As we get older, daily activities can become harder and most of us talk about a lack of energy.

Enter Alix Bradfield with her new book Energy For Life (Affirm Press, $19.99).

Alix imparts the most essential expert advice to keep mind, body and soul in peak condition in this health and well-being handbook for readers aged 50-plus.

In her top-to-toe guide, Alix interviews a wide range of experts, psychologists, doctors and specialists to provide practical advice on everything from managing pain, forming healthier habits and getting enough sleep, to finding energy and peace within.

And who better to guide us to these conclusions than Alix, whose parents were once officially the oldest living couple in Australia with a combined age of 206.

"Somewhere in midlife, we notice our energy levels dipping and our daily activities becoming more challenging," Alix said.

"My curiosity about how lifestyle choices affect us as we age led me to look for easy-to-adopt health tips, and I loved distilling this expert advice for getting the most out of life."
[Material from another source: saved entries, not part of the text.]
-- ===== src/NodeArena/Chain.antt =====
-- Chains of nodes, as the queue and the stack link them by `_next`.
use lock_free.Common.{
  ℕ, ◌≡◌, refl, ◌≢◌, Bool, true, false, List, [], ◌∷◌, ◌++◌, arith, has, update, ◌∙◌, ap, sym, suc,
  length, length-append,
}
use lock_free.Types.{Node}
use lock_free.MemoryAddress.{null}

-- The address and the value of each node, in order.
abbrev pub Cells : Type 0 → Type 0
Cells V = List (ℕ × V)

abbrev pub ptrs : {V : Type 0} → Cells V → List ℕ
ptrs [] = []
ptrs ((p, v) ∷ xs) = p ∷ ptrs xs

abbrev pub values : {V : Type 0} → Cells V → List V
values [] = []
values ((p, v) ∷ xs) = v ∷ values xs

abbrev pub live_of : {V : Type 0} → Cells V → ℕ → Bool
live_of xs a = has a (ptrs xs)

-- The address of the last node.
abbrev pub last_ptr : {V : Type 0} → Cells V → ℕ
last_ptr [] = null
last_ptr ((p, v) ∷ []) = p
last_ptr ((p, v) ∷ (c ∷ xs)) = last_ptr (c ∷ xs)

pub last_ptr-live :
    {V : Type 0} (c : ℕ × V) (xs : Cells V) → live_of (c ∷ xs) (last_ptr (c ∷ xs)) ≡ true
last_ptr-live (p, v) [] = ground arith
last_ptr-live (p, v) (c ∷ xs) = let rest = last_ptr-live c xs in ground arith

pub last_ptr-append :
    {V : Type 0} (xs : Cells V) (a : ℕ) (v : V) → last_ptr (xs ++ ((a, v) ∷ [])) ≡ a
last_ptr-append [] a v = refl
last_ptr-append ((p, w) ∷ []) a v = refl
last_ptr-append ((p, w) ∷ (c ∷ xs)) a v = last_ptr-append (c ∷ xs) a v

pub live_of-append :
    {V : Type 0} (xs : Cells V) (a : ℕ) (v : V) (b : ℕ)
    → update (live_of xs) a true b ≡ live_of (xs ++ ((a, v) ∷ [])) b
live_of-append [] a v b = ground arith
live_of-append ((p, w) ∷ xs) a v b = let rest = live_of-append xs a v b in ground arith

pub length-snoc :
    {V : Type 0} → (xs : Cells V) (c : ℕ × V) → suc (length xs) ≡ length (xs ++ (c ∷ []))
length-snoc xs c = omega (arith, length-append xs (c ∷ []))

pub values-snoc :
    {V : Type 0}
    → (xs : Cells V) (a : ℕ) (v : V) → values (xs ++ ((a, v) ∷ [])) ≡ values xs ++ (v ∷ [])
values-snoc [] a v = refl
values-snoc ((p, u) ∷ xs) a v = rw (values-snoc xs a v)

pub length-values : {V : Type 0} → (xs : Cells V) → length (values xs) ≡ length xs
length-values [] = refl
length-values (x ∷ xs) = ap suc (length-values xs)

-- From `p` the nodes `xs`, all distinct, lead to null.
pub data Chain {V : Type 0} (node : ℕ → Node V) : ℕ → Cells V → Type 0 where
  nil : Chain node null []
  cons :
      {p q : ℕ} {v : V} {xs : Cells V}
      → p ≢ null
      → node p ≡ record { value = v; next = q }
      → live_of xs p ≡ false
      → Chain node q xs
      → Chain node p ((p, v) ∷ xs)

module _ {V : Type 0} {node node' : ℕ → Node V} where
  pub frame :
      {p : ℕ} {xs : Cells V}
      → Chain node p xs
      → ((a : ℕ) → live_of xs a ≡ true → node' a ≡ node a)
      → Chain node' p xs
  frame nil same = nil
  frame (cons {p} ne e out s) same =
      cons ne (ground (arith, same p)) out (frame s (λ a i. ground (arith, same a)))

  -- A node more at the end, to which the node that was last leads.
  pub append :
      {p a : ℕ} {v : V} {c : ℕ × V} {xs : Cells V}
      → Chain node p (c ∷ xs)
      → live_of (c ∷ xs) a ≡ false
      → a ≢ null
      → node' a ≡ record { value = v; next = null }
      → node' (last_ptr (c ∷ xs)) ≡ record { value = (node (last_ptr (c ∷ xs))).value; next = a }
      → ((b : ℕ) → live_of (c ∷ xs) b ≡ true → b ≢ last_ptr (c ∷ xs) → node' b ≡ node b)
      → Chain node' p (c ∷ (xs ++ ((a, v) ∷ [])))
  append {a} (cons {p} ne e out nil) fresh a_ne at_a at_last same =
      cons ne (at_last ∙ ap (λ (n : Node V). record { value = n.value; next = a }) e) (ground arith)
        (cons a_ne at_a refl nil)
  append {a} {v} (cons {p} ne e out (cons {p = q} {v = u} {xs} ne' e' out' s)) fresh a_ne at_a
        at_last same =
      let in_rest = last_ptr-live (q, u) xs in
      let out_all = sym (live_of-append ((q, u) ∷ xs) a v p) in
      cons ne (ground (arith, same p, e)) (ground (arith, out_all)) (
        append (cons ne' e' out' s) (ground arith) a_ne at_a at_last
          (λ b i n. ground (arith, same b)))

module _ {V : Type 0} {node : ℕ → Node V} where
  pub Chain-null : {p : ℕ} → Chain node p [] → p ≡ null
  Chain-null nil = refl

  pub Chain-cons :
      {p h : ℕ} {v : V} {xs : Cells V}
      → Chain node h ((p, v) ∷ xs)
      → (h ≡ p)
        × (p ≢ null)
        × ((node p).value ≡ v)
        × (live_of xs p ≡ false)
        × Chain node (node p).next xs
  Chain-cons (cons ne e out s) = (refl, ne, ap (λ (n : Node V). n.value) e, out, rw e s)

  -- The last node leads nowhere, and its address is not null.
  pub Chain-last :
      {h : ℕ} (c : ℕ × V) (xs : Cells V)
      → Chain node h (c ∷ xs)
      → ((node (last_ptr (c ∷ xs))).next ≡ null) × (last_ptr (c ∷ xs) ≢ null)
  Chain-last (p, v) [] (cons ne e out nil) = (ap (λ (n : Node V). n.next) e, ne)
  Chain-last (p, v) (c ∷ xs) (cons ne e out s) = Chain-last c xs s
Alix lost her first tooth at the top of a tree in Cuba and although she no longer climbs trees, she has remained physically active for all her 70-plus years.

Her grown-up kids and grandchildren consider her to be 'disciplined' but Alix prefers to think that keeping healthy simply leads to having more fun, more choices and time to reach out to others.

Alix is a former relationship counsellor, career strategy consultant and columnist for the Herald, and co-wrote Job Loss: It's A Family Affair.

Highlights include:

  • Practical advice for how to make small but realistic changes to your lifestyle to improve your mental, spiritual and physical wellbeing
  • Building resilience through exercise, with personal trainer and myotherapist Francis Coffa
  • Connection, choice and a sense of humour, with psychologist Sabina Read
  • Food as medicine, with naturopath Daniel Cerny
  • Optimism and health, with Victor Perton, founder of The Centre for Optimism
  • Protecting the pleasure of music and conversation, with audiologist Poly Loakes
  • Slowing down to stay well, with physiotherapist Simon Davey.